Material provided:
# # # # #

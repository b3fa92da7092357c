-- ===== src/Lock/Accepted.antt =====
-- A lockfile that was just written is accepted for its manifest.
use etas.Base.{Text, some}
use etas.Base.{List, [], ◌∷◌, ◌≡◌, ◌≢◌, ◌↔◌, sym, ap, arith, All, is_empty}
use etas.Diagnostics.{
  PackageDiagnostic, ok, ok_unless, ok_unless_iff, concat_map_iff, report_iff, iff_trans,
}
use etas.Semver.{Semver}
use etas.Manifest.Schema.{Manifest}
use etas.Metadata.{ResolvedDependency, Dependencies}
use etas.Lockfile.{LockedPackage, Lockfile, manifest_dependency_fingerprint}
use etas.Lock.Package.{lock_package}
use etas.Lock.Policy.{import_root_missing, validate_lockfile_import_roots, resolve_lockfile}
use etas.Lock.Conflicts.{same_option_iff}

abbrev pub HasRoot : LockedPackage → Type 0
HasRoot p = p.import_root ≢ []

root_iff :
    (package_root : Text) (p : LockedPackage)
    → (import_root_missing package_root p ≡ []) ↔ HasRoot p
unfolding import_root_missing
root_iff package_root p = report_iff (is_empty p.import_root) _ (ground arith)

roots_iff :
    (package_root : Text) (lockfile : Lockfile)
    → (validate_lockfile_import_roots package_root lockfile ≡ ok lockfile)
      ↔ All HasRoot lockfile.packages
unfolding validate_lockfile_import_roots
roots_iff package_root lockfile =
    iff_trans (ok_unless_iff _ lockfile)
      (concat_map_iff (import_root_missing package_root) lockfile.packages (root_iff package_root))

-- A lockfile is accepted exactly when its version is 1, its fingerprint is the manifest's, and every
-- package in it has an import root.
pub resolve_lockfile_iff :
    (package_root : Text) (m : Manifest) (lockfile : Lockfile)
    → (resolve_lockfile package_root m (some lockfile) ≡ ok lockfile) ↔ (
        (lockfile.version ≡ 1)
        × (lockfile.manifest_fingerprint ≡ some (manifest_dependency_fingerprint m))
        × All HasRoot lockfile.packages)
unfolding resolve_lockfile
resolve_lockfile_iff package_root m lockfile = ground (
  arith,
  same_option_iff lockfile.manifest_fingerprint (some (manifest_dependency_fingerprint m)),
  roots_iff package_root lockfile,
)

fresh_lem :
    (ds : List PackageDiagnostic) (written lockfile : Lockfile)
    → ok_unless ds written ≡ ok lockfile
    → written ≡ lockfile
fresh_lem [] written lockfile e = cc
fresh_lem (d ∷ ds) written lockfile e = absurd (cc)

-- What `lock_package` writes is accepted for the same manifest, neither stale nor of a version that is
-- not supported, exactly when every locked package has an import root.
pub resolve_lockfile-lock_package :
    {K M : Type 0} (semver : Semver) (package_root : Text)
    (content_digest : ResolvedDependency K M → Text) (m : Manifest) (index : Dependencies K M)
    (lockfile : Lockfile)
    → lock_package semver package_root content_digest m index ≡ ok lockfile
    → (resolve_lockfile package_root m (some lockfile) ≡ ok lockfile)
      ↔ All HasRoot lockfile.packages
unfolding lock_package
resolve_lockfile-lock_package semver package_root content_digest m index lockfile e =
    let same = fresh_lem _ _ lockfile e in
    let whole = resolve_lockfile_iff package_root m lockfile in
    (
      (λ h. (whole.0 h).2),
      (λ r.
          whole.1 (ap (λ l. l.version) (sym same), ap (λ l. l.manifest_fingerprint) (sym same), r)),
    )
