-- ===== src/Examples/Locking.antt =====
-- A package index with one dependency and its own dependency, locked for the small package.
use etas.Base.{
  Text, codes, Option, none, some, Bool, true, false, List, [], ◌∷◌, ◌++◌, ◌≡◌, ◌≢◌, ◌↔◌, refl,
  replicate, All,
}
use etas.Diagnostics.{ok}
use etas.Metadata.{
  ResolvedDependency, resolved, Dependencies, nil, cons, github_release, path, PackageIdentity,
}
use etas.Lockfile.{LockedPackage, Lockfile, manifest_dependency_fingerprint}
use etas.Lock.Packages.{locked_package_key, insert_index_dependencies}
use etas.Lock.Package.{lock_package, started}
use etas.Lock.Policy.{resolve_lockfile}
use etas.Lock.Agreement.{forest_packages, insert_index_dependencies_iff}
use etas.Lock.Accepted.{HasRoot, resolve_lockfile_iff, resolve_lockfile-lock_package}
use etas.Examples.Packages.{plain_semver, small_manifest, checksum}

abbrev util : ResolvedDependency Text Text
util =
    resolved (record { name = codes "util"; version = codes "1"; edition = codes "2026" }) []
      (codes "util") (path (codes "../util") checksum) nil none []

abbrev json : ResolvedDependency Text Text
json =
    resolved (record { name = codes "json"; version = codes "1"; edition = codes "2026" }) []
      (codes "json")
      (github_release (codes "etas/json") (codes "v1") (codes "json.tar") checksum checksum none)
      (cons util nil) none []

abbrev digest : ResolvedDependency Text Text → Text
digest d = replicate 64 b'a'

abbrev pub demo_lockfile : Lockfile
demo_lockfile = record {
  version = 1;
  manifest_fingerprint = some (manifest_dependency_fingerprint small_manifest);
  packages =
      record {
        name = codes "json";
        version = codes "1";
        source = codes "github-release+etas/json?release=v1&asset=json.tar";
        checksum = checksum;
        dependencies = codes "util|util|1" ∷ [];
        import_root = codes "json";
        metadata_fingerprint = none;
      }
      ∷ record {
        name = codes "util";
        version = codes "1";
        source = codes "path+../util";
        checksum = checksum;
        dependencies = [];
        import_root = codes "util";
        metadata_fingerprint = none;
      }
      ∷ [];
}

demo_locks :
    lock_package plain_semver (codes "/demo") digest small_manifest (cons json nil)
    ≡ ok demo_lockfile
unfolding lock_package etas.Metadata.is_builtin_package etas.Base.same_text
    etas.Manifest.Dependency.version etas.Manifest.Dependency.import_root
    etas.Manifest.Dependency.package_name_constraint etas.Lock.Packages.insert_index_dependency
    etas.Base.TreeMap.get etas.Base.TreeMap.insert locked_package_key
    etas.Lock.Packages.locked_index_dependency etas.Base.Order.cmp etas.Resolver.Source.lock_source
    etas.Resolver.Codec.encode_lock_value
demo_locks = refl

resolve_lockfile-lock_package_example :
    (resolve_lockfile (codes "/demo") small_manifest (some demo_lockfile) ≡ ok demo_lockfile)
    ↔ All HasRoot demo_lockfile.packages
resolve_lockfile-lock_package_example =
    resolve_lockfile-lock_package plain_semver (codes "/demo") digest small_manifest (cons json nil)
      demo_lockfile demo_locks

resolve_lockfile_iff_example :
    (resolve_lockfile (codes "/demo") small_manifest (some demo_lockfile) ≡ ok demo_lockfile) ↔ (
      (demo_lockfile.version ≡ 1)
      × (demo_lockfile.manifest_fingerprint ≡ some (manifest_dependency_fingerprint small_manifest))
      × All HasRoot demo_lockfile.packages)
resolve_lockfile_iff_example = resolve_lockfile_iff (codes "/demo") small_manifest demo_lockfile

insert_index_dependencies_iff_example :
    ((insert_index_dependencies digest (cons json (cons util nil)) started).diagnostics ≡ []) ↔ (
      (f : (import_root name version : Text) → LockedPackage) × All
        (λ p. f p.import_root p.name p.version ≡ p)
        (forest_packages digest (cons json (cons util nil))))
unfolding forest_packages etas.Lock.Packages.locked_index_dependency
insert_index_dependencies_iff_example =
    insert_index_dependencies_iff digest (cons json (cons util nil))
      ((refl, refl), ((refl, refl), ((refl, refl), tt)))
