-- ===== src/Examples/Environments.antt =====
-- The environment of the small package, whose index has a dependency with a dependency of its own.
use etas.Base.{
  ℕ, Text, codes, Option, none, some, Bool, true, false, [], ◌∷◌, ◌++◌, ◌≡◌, ◌↔◌, ◌⊎◌, inl, inr,
  refl, sym, ap, ◌∙◌, arith, replicate, All, is_none,
}
use etas.Diagnostics.{ok}
use etas.Manifest.Validate.{validate}
use etas.Metadata.{
  ResolvedDependency, resolved, Dependencies, nil, cons, github_release, path, dependencies, source,
}
use etas.Store.{store_path}
use etas.Environment.Model.{
  Carried, PackageIndex, PackageEnvironmentMetadata, PackageExternalModuleMetadata,
}
use etas.Environment.Graph.{validate_transitive_lock_graph}
use etas.Environment.Payload.{validate_resolved_payload, IsPresent, validate_resolved_payload_iff}
use etas.Environment.Finish.{binding_metadata, environment}
use etas.Environment.Build.{World, build_environment}
use etas.Environment.Agree.{In, Below, key, IsLocked, IsCoherent}
use etas.Environment.Transitive.{validate_transitive_lock_graph_iff}
use etas.Environment.Dependencies.{AllResolved}
use etas.Environment.Sound.{build_environment_sound}
use etas.Examples.Packages.{plain_semver, small_manifest, checksum, tool}
use etas.Examples.Locking.{demo_lockfile}

abbrev Package : Type 0
Package = ResolvedDependency Text (Carried (Unit {0}))

abbrev no_modules : Carried (Unit {0})
no_modules = record {
  modules = [];
  rest = tt;
  effect_metadata = record { tags = []; extensions = [] };
  tool_bindings = [];
}

abbrev json_module : PackageExternalModuleMetadata
json_module = record {
  owner = none;
  id = 12;
  path = codes "json" ∷ codes "parse" ∷ [];
  exports = [];
}

abbrev util : Package
util =
    resolved (record { name = codes "util"; version = codes "1"; edition = codes "2026" }) []
      (codes "util") (path (codes "../util") checksum) nil none no_modules

abbrev json : Package
json =
    resolved (record { name = codes "json"; version = codes "1"; edition = codes "2026" }) []
      (codes "json")
      (github_release (codes "etas/json") (codes "v1") (codes "json.tar") checksum checksum
        (some (store_path (replicate 64 b'a'))))
      (cons util nil) none (record no_modules { modules = json_module ∷ [] })

abbrev pub world : World Text (Unit {0})
world = record {
  semver = plain_semver;
  std_compatibility = [];
  std_fingerprint = none;
  std_metadata = no_modules;
  default_public = tt;
  content_digest = λ d. replicate 64 b'a';
  vendor_payload = λ p. none;
  payload = λ p. some checksum;
}

abbrev pub index : PackageIndex Text (Unit {0})
index = record {
  version = 1;
  std_compatibility = [];
  identity = record { name = codes "demo"; version = codes "1.0.0"; edition = codes "2026" };
  dependencies = cons json nil;
  external_modules = [];
  public_metadata = record { modules = []; fingerprint = none; rest = tt };
  effect_metadata = record { tags = []; extensions = [] };
  tool_bindings = [];
  bins = [];
}

abbrev pub demo_environment : PackageEnvironmentMetadata Text (Unit {0})
demo_environment =
    environment tt (codes "/demo") small_manifest demo_lockfile (some index) (json ∷ [])
      (binding_metadata (codes "read") tool (codes "files.read") ∷ [])

pub demo_builds :
    build_environment world (codes "/demo") small_manifest demo_lockfile (some index)
    ≡ some (ok demo_environment)
unfolding build_environment etas.Metadata.is_builtin_package etas.Base.same_text
    etas.Environment.Build.lockfile_package_for_spec
    etas.Manifest.Dependency.package_name_constraint etas.Manifest.Dependency.import_root
    etas.Resolver.Source.spec_source_requires_exact_git_rev
    etas.Environment.Graph.validate_version_requirement etas.Manifest.Dependency.version
    etas.Environment.Build.dependency_metadata etas.Resolver.Source.resolved_source_from_lockfile
    etas.Base.strip_prefix etas.Base.split etas.Base.split_once
    etas.Resolver.Codec.decode_lock_value etas.Base.Utf8.is_utf8 etas.Resolver.Source.lock_source
    etas.Resolver.Codec.encode_lock_value validate_resolved_payload
    etas.Store.package_store_relative_path etas.Environment.Graph.validate_locked_dependency_edges
    validate_transitive_lock_graph etas.Lock.Policy.lockfile_package
    etas.Lock.Packages.dependency_lock_checksum etas.Environment.Finish.finish_environment
    etas.Manifest.Validate.provider_name etas.Manifest.Names.is_blank
    etas.Environment.Payload.validate_store_payload
demo_builds = refl

build_environment_sound_example :
    AllResolved world
      (codes "/demo")
      small_manifest
      demo_lockfile
      (some index)
      small_manifest.dependencies
      (json ∷ [])
    × All (λ m. is_none m.owner ≡ false) demo_environment.external_modules
build_environment_sound_example =
    build_environment_sound world (codes "/demo") small_manifest demo_lockfile (some index)
      demo_environment demo_builds

abbrev head : Text → ℕ
head [] = 0
head (c ∷ cs) = c

other_key : key world.content_digest json ≡ key world.content_digest util → ⊥
other_key e = absurd (omega (arith, ap head e))

coherent : IsCoherent world.content_digest json
unfolding In
coherent x y (inl a) (inl b) e = ap dependencies (a ∙ sym b)
coherent x y (inl a) (inr (inl (inl b))) e =
    absurd (other_key (sym (ap (key world.content_digest) a) ∙ e ∙ ap (key world.content_digest) b))
coherent x y (inr (inl (inl a))) (inr (inl (inl b))) e = ap dependencies (a ∙ sym b)
coherent x y (inr (inl (inl a))) (inl b) e =
    absurd
      (other_key (sym (ap (key world.content_digest) b) ∙ sym e ∙ ap (key world.content_digest) a))
coherent x y (inl a) (inr (inl (inr b))) e = elim b [ ]
coherent x y (inl a) (inr (inr b)) e = elim b [ ]
coherent x y (inr (inr a)) b e = elim a [ ]
coherent x y (inr (inl (inr a))) b e = elim a [ ]
coherent x y (inr (inl (inl a))) (inr (inl (inr b))) e = elim b [ ]
coherent x y (inr (inl (inl a))) (inr (inr b)) e = elim b [ ]

validate_transitive_lock_graph_iff_example :
    ((validate_transitive_lock_graph world.content_digest
        (codes "/demo")
        demo_lockfile
        (codes "json")
        json
        []).0
      ≡ [])
    ↔ ((x : Package) → Below x (cons util nil) → IsLocked world.content_digest demo_lockfile x)
validate_transitive_lock_graph_iff_example =
    validate_transitive_lock_graph_iff world.content_digest (codes "/demo") demo_lockfile
      (codes "json") json coherent

validate_resolved_payload_iff_example :
    (validate_resolved_payload world.vendor_payload world.payload
        (codes "/demo")
        (codes "json")
        (source json)
      ≡ ok tt)
    ↔ IsPresent world.vendor_payload world.payload (codes "/demo") (codes "json") (source json)
validate_resolved_payload_iff_example =
    validate_resolved_payload_iff world.vendor_payload world.payload (codes "/demo") (codes "json")
      (source json)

# # # # #

What this task involves:
Extract the lines of the preceding material that run from the line with "public_metadata = record" through the line with "validate_transitive_lock_graph etas.Lock.Policy.lockfile_package", inclusive, reproducing them exactly and adding nothing.

Exercise response:
  public_metadata = record { modules = []; fingerprint = none; rest = tt };
  effect_metadata = record { tags = []; extensions = [] };
  tool_bindings = [];
  bins = [];
}

abbrev pub demo_environment : PackageEnvironmentMetadata Text (Unit {0})
demo_environment =
    environment tt (codes "/demo") small_manifest demo_lockfile (some index) (json ∷ [])
      (binding_metadata (codes "read") tool (codes "files.read") ∷ [])

pub demo_builds :
    build_environment world (codes "/demo") small_manifest demo_lockfile (some index)
    ≡ some (ok demo_environment)
unfolding build_environment etas.Metadata.is_builtin_package etas.Base.same_text
    etas.Environment.Build.lockfile_package_for_spec
    etas.Manifest.Dependency.package_name_constraint etas.Manifest.Dependency.import_root
    etas.Resolver.Source.spec_source_requires_exact_git_rev
    etas.Environment.Graph.validate_version_requirement etas.Manifest.Dependency.version
    etas.Environment.Build.dependency_metadata etas.Resolver.Source.resolved_source_from_lockfile
    etas.Base.strip_prefix etas.Base.split etas.Base.split_once
    etas.Resolver.Codec.decode_lock_value etas.Base.Utf8.is_utf8 etas.Resolver.Source.lock_source
    etas.Resolver.Codec.encode_lock_value validate_resolved_payload
    etas.Store.package_store_relative_path etas.Environment.Graph.validate_locked_dependency_edges
    validate_transitive_lock_graph etas.Lock.Policy.lockfile_package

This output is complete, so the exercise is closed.